Data for this exercise Start Marker

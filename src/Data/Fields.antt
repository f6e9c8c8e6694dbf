-- ===== src/Data/Fields.antt =====
-- The fields of an object that is made of a carrier.
use famepy.Prelude.{
  ◌^◌, ℤ, pos, fits, ◌==ℤ◌, ◌≡◌, refl, ◌∙◌, ap, subst, true, false, Option, none, some,
  if◌then◌else◌, leb_ℤ, arith, Bytes,
}
use famepy.Errors.{Result, ok, err, data_validation, value_error}
use famepy.Text.{Text, object_name}
use famepy.Constants.{CodeArg, Table, object_classes, frequencies, has_code, lookup}
use famepy.Objects.{
  FameObject, frequency_case, is_date_type, not_case, type_code, index_or_none, typed,
  new_fame_object,
}
use famepy.Data.{
  Kind, undefined, precision, numeric, boolean, date, string, namelist, kind_from_type, calendar,
  date_frequency,
}
use famepy.Data.Carriers.{type_of, value_frequency}
use famepy.Data.Writing.Ready.{calendar-ok}
use famepy.Data.Results.{and_then-ok, refuse-ok, guard-ok, err-ok, ok-injective, and_parts}

lookup-number : (n : ℤ) (t : Table) (c : ℤ) → lookup (CodeArg.number n) t ≡ ok c → n ≡ c
unfolding lookup
lookup-number n t c e = (guard-ok (has_code n t) value_error e).1

not_case-ok : (r : Result ℤ) (c : ℤ) → not_case r ≡ ok c → r ≡ ok c
unfolding not_case
not_case-ok (ok d) c e = (refuse-ok (d ==ℤ frequency_case) value_error e).1
not_case-ok (err x) c e = absurd (err-ok e)

typed-ok : (r : Result ℤ) (c : ℤ) → typed r ≡ ok c → r ≡ ok c
typed-ok (ok d) c e = e
typed-ok (err x) c e = absurd (err-ok e)

type_code-number : (n c : ℤ) → typed (type_code (CodeArg.number n)) ≡ ok c → n ≡ c
unfolding type_code
type_code-number n c e =
    lookup-number n _ c (not_case-ok _ c (typed-ok (type_code (CodeArg.number n)) c e))

index_or_none-ok : (n : ℤ) (o : Option ℤ) → index_or_none (some n) ≡ ok o → some n ≡ o
unfolding index_or_none
index_or_none-ok n o e = (guard-ok (fits (2 ^ 63) n) data_validation e).1

abbrev pub fields : Bytes → ℤ → ℤ → ℤ → ℤ → ℤ → FameObject
fields n c t f a b = record {
  name = n;
  class_code = c;
  type_code = t;
  frequency = f;
  first_index = some a;
  last_index = some b;
}

-- the fields that are given as numbers are kept
pub new_fame_object-fields :
    (n : Text) (c t f a b : ℤ) (info : FameObject)
    → new_fame_object n (CodeArg.number c) (CodeArg.number t) (CodeArg.number f) (some a) (some b)
      ≡ ok info
    → fields info.name c t f a b ≡ info
unfolding new_fame_object
new_fame_object-fields n c t f a b info e =
    let (name', en, e1) = and_then-ok (object_name n) _ e in
    let (c', ec, e2) = and_then-ok (lookup (CodeArg.number c) object_classes) _ e1 in
    let (t', et, e3) = and_then-ok (typed (type_code (CodeArg.number t))) _ e2 in
    let (f', ef, e4) = and_then-ok (lookup (CodeArg.number f) frequencies) _ e3 in
    let (a', ea, e5) = and_then-ok (index_or_none (some a)) _ e4 in
    let (b', eb, e6) = and_then-ok (index_or_none (some b)) _ e5 in
    kept name' c' t' f' a' b' (lookup-number c object_classes c' ec) (type_code-number t t' et)
      (lookup-number f frequencies f' ef) (index_or_none-ok a a' ea) (index_or_none-ok b b' eb)
      (ok-injective e6)
  where
    kept :
        (name' : Bytes) (c' t' f' : ℤ) (a' b' : Option ℤ)
        → c ≡ c'
        → t ≡ t'
        → f ≡ f'
        → some a ≡ a'
        → some b ≡ b'
        → (let made : FameObject = record {
          name = name';
          class_code = c';
          type_code = t';
          frequency = f';
          first_index = a';
          last_index = b';
        } in
            made ≡ info)
        → fields info.name c t f a b ≡ info
    kept name' c' t' f' a' b' qc qt qf qa qb q = cc

-- a value frequency that is accepted is the one that was given
pub value_frequency-same :
    (k : Kind) (given f : Option ℤ) → value_frequency k given ≡ ok f → given ≡ f
unfolding value_frequency date_frequency
value_frequency-same date none f e = absurd (err-ok e)
value_frequency-same date (some g) f e =
    let (c, ec, last) = and_then-ok (date_frequency g) (λ code. ok (some code)) e in
    ap some (lookup-number g frequencies c (calendar-ok _ c ec)) ∙ ok-injective last
value_frequency-same k none f e = ok-injective e
value_frequency-same k (some g) f e = absurd (err-ok e)

abbrev pub kind_frequency : ℤ → Option ℤ
kind_frequency t = if is_date_type t then some t else none

-- the type of a carrier tells its kind and its value frequency
pub record Typed (k : Kind) (f : Option ℤ) : Type 0 where
  pub kind_is : kind_from_type (type_of k f) ≡ ok k
  pub frequency_is : kind_frequency (type_of k f) ≡ f
  pub no_date : (type_of k f ==ℤ pos 6) ≡ false

calendar-date : (r : Result ℤ) (c : ℤ) → calendar r ≡ ok c → is_date_type c ≡ true
unfolding calendar
calendar-date (err x) c e = absurd (err-ok e)
calendar-date (ok d) c e =
    let (yes', same) =
      guard-ok (is_date_type d) data_validation
        (refuse-ok (d ==ℤ frequency_case) data_validation e).1 in
    subst (λ x. is_date_type x ≡ true) same yes'

date_type-large : (c : ℤ) → is_date_type c ≡ true → (c ==ℤ pos 6) ≡ false
unfolding is_date_type
date_type-large c h =
    large (and_parts (leb_ℤ (pos 8) c) _ (and_parts _ (has_code c frequencies) h).0).0
  where
    large : leb_ℤ (pos 8) c ≡ true → (c ==ℤ pos 6) ≡ false
    large h = ground arith

date-Typed : (c : ℤ) → is_date_type c ≡ true → Typed date (some c)
unfolding kind_from_type
date-Typed c h = record {
  kind_is = rw h refl;
  frequency_is = rw h refl;
  no_date = date_type-large c h;
}

pub value_frequency-Typed :
    (k : Kind) (given f : Option ℤ) → value_frequency k given ≡ ok f → Typed k f
unfolding value_frequency date_frequency kind_from_type is_date_type
value_frequency-Typed date none f e = absurd (err-ok e)
value_frequency-Typed date (some g) f e =
    let (c, ec, last) = and_then-ok (date_frequency g) (λ code. ok (some code)) e in
    subst (Typed date) (ok-injective last) (date-Typed c (calendar-date _ c ec))
value_frequency-Typed undefined none f e =
    subst (Typed undefined) (ok-injective e)
      (record { kind_is = refl; frequency_is = refl; no_date = refl })
value_frequency-Typed precision none f e =
    subst (Typed precision) (ok-injective e)
      (record { kind_is = refl; frequency_is = refl; no_date = refl })
value_frequency-Typed numeric none f e =
    subst (Typed numeric) (ok-injective e)
      (record { kind_is = refl; frequency_is = refl; no_date = refl })
value_frequency-Typed boolean none f e =
    subst (Typed boolean) (ok-injective e)
      (record { kind_is = refl; frequency_is = refl; no_date = refl })
value_frequency-Typed string none f e =
    subst (Typed string) (ok-injective e)
      (record { kind_is = refl; frequency_is = refl; no_date = refl })
value_frequency-Typed namelist none f e =
    subst (Typed namelist) (ok-injective e)
      (record { kind_is = refl; frequency_is = refl; no_date = refl })
value_frequency-Typed k (some g) f e = absurd (err-ok e)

Data for this exercise End Marker

For every line in the data above that has the string "absurd", return that line.

not_case-ok (err x) c e = absurd (err-ok e)
typed-ok (err x) c e = absurd (err-ok e)
value_frequency-same date none f e = absurd (err-ok e)
value_frequency-same k (some g) f e = absurd (err-ok e)
calendar-date (err x) c e = absurd (err-ok e)
value_frequency-Typed date none f e = absurd (err-ok e)
value_frequency-Typed k (some g) f e = absurd (err-ok e)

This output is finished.